Marcin 'Qrczak' Kowalczyk wrote:
When I switch my environment to UTF-8, which may happen in a few years, I will convert filenames to UTF-8 and set up mount options to translate vfat filenames to/from UTF-8 instead of to ISO-8859-2.
But what about files which were been created by other people, who don't use UTF-8?
All people sharing a filesystem should use the same encoding.
Again, this is just "hand waving" the issues away.
BTW, when ftping files between Windows and Unix, a good ftp client should convert filenames to keep the same characters rather than bytes, so CP-1250 encoded names don't come as garbage in the encoding used on Unix which is definitely different (ISO-8859-2 or UTF-8) or vice versa.
Which is fine if the FTP client can figure out which encoding is used on the remote end. In practice, you have to tell it, i.e. have a list of which servers (or even which directories on which servers) use which encoding.
I expect good programs to understand that and display them correctly no matter what technique they are using for the display.
When it comes to display, you have to have to deal with encoding issues one way or another. But not all programs deal with display.
So you advocate using multiple encodings internally. This is in general more complicated than what I advocate: using only Unicode internally, limiting other encodings to I/O boundary.
How do you draw that conclusion from what I wrote here? There are cases where it's advantages to use multiple encodings, but I wasn't suggesting that in the above. What I'm suggesting in the above is to sidestep the encoding issue by keeping filenames as byte strings wherever possible.
The core OS and network server applications essentially remain encoding-agnostic.
Which is a problem when they generate an email, e.g. to send a non-empty output of a cron job, or report unauthorized use of sudo. If the data involved is not pure ASCII, I will often be mangled.
It only gets mangled if you feed it to a program which is making assumptions about the encoding. Non-MIME messages neither specify nor imply an encoding. MIME messages can use either "text/plain; charset=x-unknown" or application/octet-stream if they don't undertand the encoding. And program-generated email notifications frequently include text with no known encoding (i.e. binary data). Or are you going to demand that anyone who tries to hack into your system only sends it UTF-8 data so that the alert messages are displayed correctly in your mail program?

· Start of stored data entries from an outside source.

-- ===== src/Workflow/Examples.antt =====
-- A workflow of a transform node, for concrete runs of the theorems.
use get_magnet.Common.{
  ℕ, ◌<◌, ◌≡◌, ◌≢◌, refl, Bool, true, false, ◌&&◌, ◌||◌, Option, none, some, String, str_eq, List,
  [], ◌∷◌, errs, exists, ok, err, is_empty, trim_space, arith, chains,
}
use get_magnet.Json.{Value, null, string, array, array_of, object, members_of, pos, Object}
use get_magnet.Json.Objects.{lookup}
use get_magnet.Record as Record
use get_magnet.Record.Examples.{plain, magnets}
use get_magnet.TaskRepo.Examples.{one_page}
use get_magnet.Workflow.{Engine, FieldRule, Element, Node, value_of}
use get_magnet.Workflow.Capabilities.{
  executable_body, executable_operations, executable_operation, keys_among,
}
use get_magnet.Workflow.Definition.{
  Definition, Trigger, FetchOptions, ListingOptions, one_of, config_text,
}
use get_magnet.Workflow.Listing.{
  Chain, starts, follows, trigger_page, list_page, expand_page, goes_on, page_index, empty_streak,
  listing_stop, barren_pages, Chain-IsWithin,
}
use get_magnet.Workflow.Published.{record_candidates-known}
use get_magnet.Workflow.Records.{Document, record_candidates, not_prepared}
use get_magnet.Workflow.Sound.Operations.{KeepsWords}
use get_magnet.Workflow.Supported.{is_structural, apply_transform_supported}
use get_magnet.Workflow.Transform.{apply_transform}

abbrev rule : FieldRule
rule = record {
  name = "magnet";
  selector = "a";
  selector_type = "css";
  attribute = "";
  regex = "";
  clean = "";
  kind = "string";
  required = false;
  multiple = false;
  default = null;
}

-- Every document has one element, and every selector finds it.
abbrev engine : Engine
engine = record {
  lower = λ s. s;
  upper = λ s. s;
  equal_fold = str_eq;
  words = λ s. s ∷ [];
  split = λ s t. s ∷ [];
  compile = λ s. none;
  format_float = λ n. "";
  parse_float = λ s. none;
  sprint = λ v. elim v [ string s ↦ s | _ ↦ "" ];
  deep_equal = λ v w. false;
  parse_json = λ s. none;
  decode_rules = λ v. some (rule ∷ []);
  css = λ s t. some (record { content = "abc"; attributes = λ name. none } ∷ []);
  xpath = λ s t. none;
  is_css = λ s. true;
  is_xpath = λ s. true;
  scheme_and_host = λ s. some ("https", "a.com");
  is_short = λ s. true;
}

engine-KeepsWords : KeepsWords engine
engine-KeepsWords o = refl

abbrev raw_rule : Value
raw_rule = object (members_of (("name", string "magnet") ∷ ("selector", string "a") ∷ []))

abbrev extract_node : Node
extract_node = record {
  name = "read";
  kind = "extract";
  config = ("fields", array (array_of (raw_rule ∷ []))) ∷ [];
}

abbrev renaming : Value
renaming =
    object (
      members_of
        (("op", string "rename") ∷ ("field", string "magnet") ∷ ("to", string "hash") ∷ []))

abbrev transform_node : Node
transform_node = record {
  name = "name";
  kind = "transform";
  config = ("operations", array (array_of (renaming ∷ []))) ∷ [];
}

abbrev definition : Definition
definition = record {
  persistence = "records";
  trigger = record {
    kind = "manual";
    cron = "";
    url = "https://a.com";
    input = "";
    profile_id = "";
    concurrency = pos 0;
    fetch = record { mode = ""; timeout_ms = pos 0; actions = [] };
  };
  listing = none;
  budget = none;
  acquire = [];
  nodes = extract_node ∷ transform_node ∷ [];
  input_schema = "";
  output_schema = "";
  credentials = [];
}

abbrev document : Document
document = record { html = "<a>abc</a>"; json = "" }

-- The theorem's workflow is accepted, and its document gives one record.
recorded :
    record_candidates engine plain one_page definition document "" magnets
    ≡ ok ((("hash", string "abc") ∷ []) ∷ [])
unfolding Record.field_named Record.prepare apply_transform exists get_magnet.Common.guard
    get_magnet.Common.is_blank get_magnet.Common.or_fail get_magnet.Common.◌>>◌
    get_magnet.CrawlPolicy.defaults get_magnet.CrawlPolicy.validate get_magnet.Json.Objects.insert
    get_magnet.Json.Objects.remove get_magnet.Workflow.Capabilities.executable_fetch
    get_magnet.Workflow.Capabilities.executable_node get_magnet.Workflow.Capabilities.is_http_url
    get_magnet.Workflow.Definition.validate get_magnet.Workflow.Executable.validate_record_schema
    get_magnet.Workflow.Extract.extract get_magnet.Workflow.Names.output_names
    get_magnet.Workflow.is_empty_value get_magnet.Workflow.node_applies lookup record_candidates
    value_of
recorded = refl

record_candidates-known_example :
    record_candidates engine plain one_page definition document "" magnets
    ≢ err (not_prepared 0 (Record.Error.unknown_field "magnet"))
record_candidates-known_example =
    record_candidates-known engine plain engine-KeepsWords one_page definition document "" magnets 0
      "magnet"

renames : executable_body engine transform_node ≡ true
unfolding executable_body executable_operations executable_operation keys_among one_of config_text
    value_of exists lookup
renames = refl

apply_transform_supported_example :
    errs is_structural
      (apply_transform engine (("magnet", string "abc") ∷ []) transform_node.config)
    ≡ false
apply_transform_supported_example =
    apply_transform_supported engine engine-KeepsWords transform_node
      (("magnet", string "abc") ∷ []) refl renames

abbrev listing : ListingOptions
listing = record {
  detail_selector = "a";
  next_selector = "a.next";
  max_pages = pos 3;
  max_empty_pages = pos 2;
}

second_page : expand_page listing trigger_page 0 "https://a.com/2" false ≡ goes_on (list_page 2 1)
unfolding expand_page page_index empty_streak listing_stop
second_page = refl

abbrev one_barren : Chain listing 1 (list_page 2 1)
one_barren = follows 0 "https://a.com/2" false starts second_page

Chain-IsWithin_example :
    (page_index listing (list_page 2 1) ≡ some 2) × (1 < 3) × (barren_pages one_barren < 2)
Chain-IsWithin_example =
    Chain-IsWithin listing 3 2 1 (list_page 2 1) refl refl (omega arith) (omega arith) one_barren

It's rarely a problem in practice because filenames, command arguments, error messages, user full names etc. are usually pure ASCII. But this is slowly changing.
To the extent that non-ASCII filenames are used, I've encountered far more filenames in both Latin1 and ISO-2022 than in UTF-8. Japanese FTP sites typically use ISO-2022 for everything; even ASCII names may have "\e(B" prepended to them.
But, as I keep pointing out, filenames are byte strings, not character strings. You shouldn't be converting them to character strings unless you have to.
Processing data in their original byte encodings makes supporting multiple languages harder. Filenames which are inexpressible as character strings get in the way of clean APIs. When considering only filenames, using bytes would be sufficient, but in overall it's more convenient to Unicodize them like other strings.
It also harms reliability. Depending upon the encoding, two distinct byte strings may have the same Unicode representation. E.g. if you are interfacing to a server which uses ISO-2022 for filenames, you have to get the escapes correct even when they are no-ops in terms of the string representation. If you obtain a directory listing, receive the filename "\e(Bfoo.txt", and convert it to Unicode, you get "foo.txt". If you then convert it back without the leading escape, the server is going to say "file not found".
The term "mismatch" implies that there have to be at least two things. If they don't match, which one is at fault? If I make a tar file available for you to download, and it contains non-UTF-8 filenames, is that my fault or yours?
Such tarballs are not portable across systems using different encodings.
Well, programs which treat filenames as byte strings to be read from argv[] and passed directly to open() won't have any problems with this. It's only a problem if you make it a problem.
If I tar a subdirectory stored on ext2 partition, and you untar it on a vfat partition, whose fault it is that files which differ only in case are conflated?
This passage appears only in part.